--- START ---
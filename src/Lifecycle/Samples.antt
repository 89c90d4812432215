-- ===== src/Lifecycle/Samples.antt =====
-- A small database for the runs at concrete inputs: two tasks of one run, one waiting for the other.
use run_mesh.Base.{
  ℕ, ◌+◌, String, ◌≡◌, refl, Option, none, some, [], ◌∷◌, Result, ok, err, ◌>>=◌, or_fail,
  refuse_if, arith,
}
use run_mesh.Base.Int.{pos}
use run_mesh.Base.Tables.{find?, exists, update_where}
use run_mesh.Workflow.State.{TaskStatus, RunStatus, blocked, ready, dispatching, leased, dead}
use run_mesh.Store.Db.{Db, Env, Run, TaskRun, empty_db, insert_event}
use run_mesh.Store.Leases.{run_of, task_with_run, insert_attempt, lease_task}
use run_mesh.Store.Outcomes.{complete_task}
use run_mesh.Lifecycle.Rows.{UniqueIds}

abbrev pub env : Env
env = record { now = 100; clock = 100; trace_parent = ""; new_uuid = λ n. 1000 + n }

abbrev pub task : ℕ → TaskStatus → TaskRun
task id status = record {
  id = id;
  workflow_run_id = 1;
  task_key = "extract";
  handler = "etl";
  status = status;
  priority = pos 0;
  available_at = 50;
  attempt_count = 0;
  maximum_attempts = 3;
  timeout_seconds = 300;
  lease_owner = none;
  lease_expires_at = none;
  input = "{}";
  output = none;
  output_artifact_uri = none;
  created_at = 10;
  updated_at = 10;
}

-- A task at its last attempt, in the hands of a worker.
abbrev pub held_task : ℕ → TaskStatus → TaskRun
held_task id status = record (task id status) {
  attempt_count = 3;
  lease_owner = some "w1";
  lease_expires_at = some 200;
}

abbrev pub run : RunStatus → Run
run status = record {
  id = 1;
  tenant_id = 7;
  workflow_definition_id = 5;
  workflow_version = 1;
  status = status;
  input = "{}";
  input_artifact_uri = none;
  idempotency_key = "k";
  trace_parent = "";
  started_at = some 10;
  completed_at = none;
  created_at = 10;
}

-- Task 11 depends on task 10.
abbrev pub db_of : RunStatus → TaskRun → TaskRun → Db
db_of status a b = record empty_db {
  runs = run status ∷ [];
  tasks = a ∷ b ∷ [];
  deps = record { workflow_run_id = 1; task_run_id = 11; depends_on_task_run_id = 10 } ∷ [];
}

abbrev pub db_after : {A : Type 0} → Result (A × Db) → Db
db_after (ok (a, db)) = db
db_after (err e) = empty_db

abbrev pub task_after : Result (TaskRun × Db) → TaskRun
task_after (ok (t, db)) = t
task_after (err e) = task 0 dead

pub unique_example : UniqueIds (task 10 ready ∷ task 11 blocked ∷ [])
unique_example = ((λ e. absurd (omega arith), tt), (tt, tt))

abbrev pub dispatched : Db
dispatched = db_of RunStatus.running (task 10 dispatching) (task 11 blocked)

abbrev pub leased_pair : (TaskRun × Option String)
leased_pair = (
  record (task 10 leased) {
    attempt_count = 1;
    lease_owner = some "w1";
    lease_expires_at = some 130;
    updated_at = 100;
  },
  none,
)

pub leased_example :
    lease_task env 10 "w1" 30 dispatched
    ≡ ok (leased_pair, db_after (lease_task env 10 "w1" 30 dispatched))
unfolding lease_task or_fail ◌>>=◌ find? run_of insert_attempt exists update_where insert_event
leased_example = refl

abbrev pub held : Db
held = db_of RunStatus.running (held_task 10 TaskStatus.running) (task 11 blocked)

pub completed_example :
    complete_task env 10 "w1" "" "" [] held
    ≡ ok (
      task_after (complete_task env 10 "w1" "" "" [] held),
      db_after (complete_task env 10 "w1" "" "" [] held),
    )
unfolding complete_task task_with_run or_fail ◌>>=◌ refuse_if find? run_of exists update_where
    insert_event
completed_example = refl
--- END ---
Once you have read the records, write every one of them out again exactly.

■ **Response**
filename src/Lifecycle/Samples.antt
repository 89c90d4812432215
-- ===== src/Lifecycle/Samples.antt =====
-- A small database for the runs at concrete inputs: two tasks of one run, one waiting for the other.
use run_mesh.Base.{
  ℕ, ◌+◌, String, ◌≡◌, refl, Option, none, some, [], ◌∷◌, Result, ok, err, ◌>>=◌, or_fail,
  refuse_if, arith,
}
use run_mesh.Base.Int.{pos}
use run_mesh.Base.Tables.{find?, exists, update_where}
use run_mesh.Workflow.State.{TaskStatus, RunStatus, blocked, ready, dispatching, leased, dead}
use run_mesh.Store.Db.{Db, Env, Run, TaskRun, empty_db, insert_event}
use run_mesh.Store.Leases.{run_of, task_with_run, insert_attempt, lease_task}
use run_mesh.Store.Outcomes.{complete_task}
use run_mesh.Lifecycle.Rows.{UniqueIds}

abbrev pub env : Env
env = record { now = 100; clock = 100; trace_parent = ""; new_uuid = λ n. 1000 + n }

abbrev pub task : ℕ → TaskStatus → TaskRun
task id status = record {
  id = id;
  workflow_run_id = 1;
  task_key = "extract";
  handler = "etl";
  status = status;
  priority = pos 0;
  available_at = 50;
  attempt_count = 0;
  maximum_attempts = 3;
  timeout_seconds = 300;
  lease_owner = none;
  lease_expires_at = none;
  input = "{}";
  output = none;
  output_artifact_uri = none;
  created_at = 10;
  updated_at = 10;
}

-- A task at its last attempt, in the hands of a worker.
abbrev pub held_task : ℕ → TaskStatus → TaskRun
held_task id status = record (task id status) {
  attempt_count = 3;
  lease_owner = some "w1";
  lease_expires_at = some 200;
}

abbrev pub run : RunStatus → Run
run status = record {
  id = 1;
  tenant_id = 7;
  workflow_definition_id = 5;
  workflow_version = 1;
  status = status;
  input = "{}";
  input_artifact_uri = none;
  idempotency_key = "k";
  trace_parent = "";
  started_at = some 10;
  completed_at = none;
  created_at = 10;
}

-- Task 11 depends on task 10.
abbrev pub db_of : RunStatus → TaskRun → TaskRun → Db
db_of status a b = record empty_db {
  runs = run status ∷ [];
  tasks = a ∷ b ∷ [];
  deps = record { workflow_run_id = 1; task_run_id = 11; depends_on_task_run_id = 10 } ∷ [];
}

abbrev pub db_after : {A : Type 0} → Result (A × Db) → Db
db_after (ok (a, db)) = db
db_after (err e) = empty_db

abbrev pub task_after : Result (TaskRun × Db) → TaskRun
task_after (ok (t, db)) = t
task_after (err e) = task 0 dead

pub unique_example : UniqueIds (task 10 ready ∷ task 11 blocked ∷ [])
unique_example = ((λ e. absurd (omega arith), tt), (tt, tt))

abbrev pub dispatched : Db
dispatched = db_of RunStatus.running (task 10 dispatching) (task 11 blocked)

abbrev pub leased_pair : (TaskRun × Option String)
leased_pair = (
  record (task 10 leased) {
    attempt_count = 1;
    lease_owner = some "w1";
    lease_expires_at = some 130;
    updated_at = 100;
  },
  none,
)

pub leased_example :
    lease_task env 10 "w1" 30 dispatched
    ≡ ok (leased_pair, db_after (lease_task env 10 "w1" 30 dispatched))
unfolding lease_task or_fail ◌>>=◌ find? run_of insert_attempt exists update_where insert_event
leased_example = refl

abbrev pub held : Db
held = db_of RunStatus.running (held_task 10 TaskStatus.running) (task 11 blocked)

pub completed_example :
    complete_task env 10 "w1" "" "" [] held
    ≡ ok (
      task_after (complete_task env 10 "w1" "" "" [] held),
      db_after (complete_task env 10 "w1" "" "" [] held),
    )
unfolding complete_task task_with_run or_fail ◌>>=◌ refuse_if find? run_of exists update_where
    insert_event
completed_example = refl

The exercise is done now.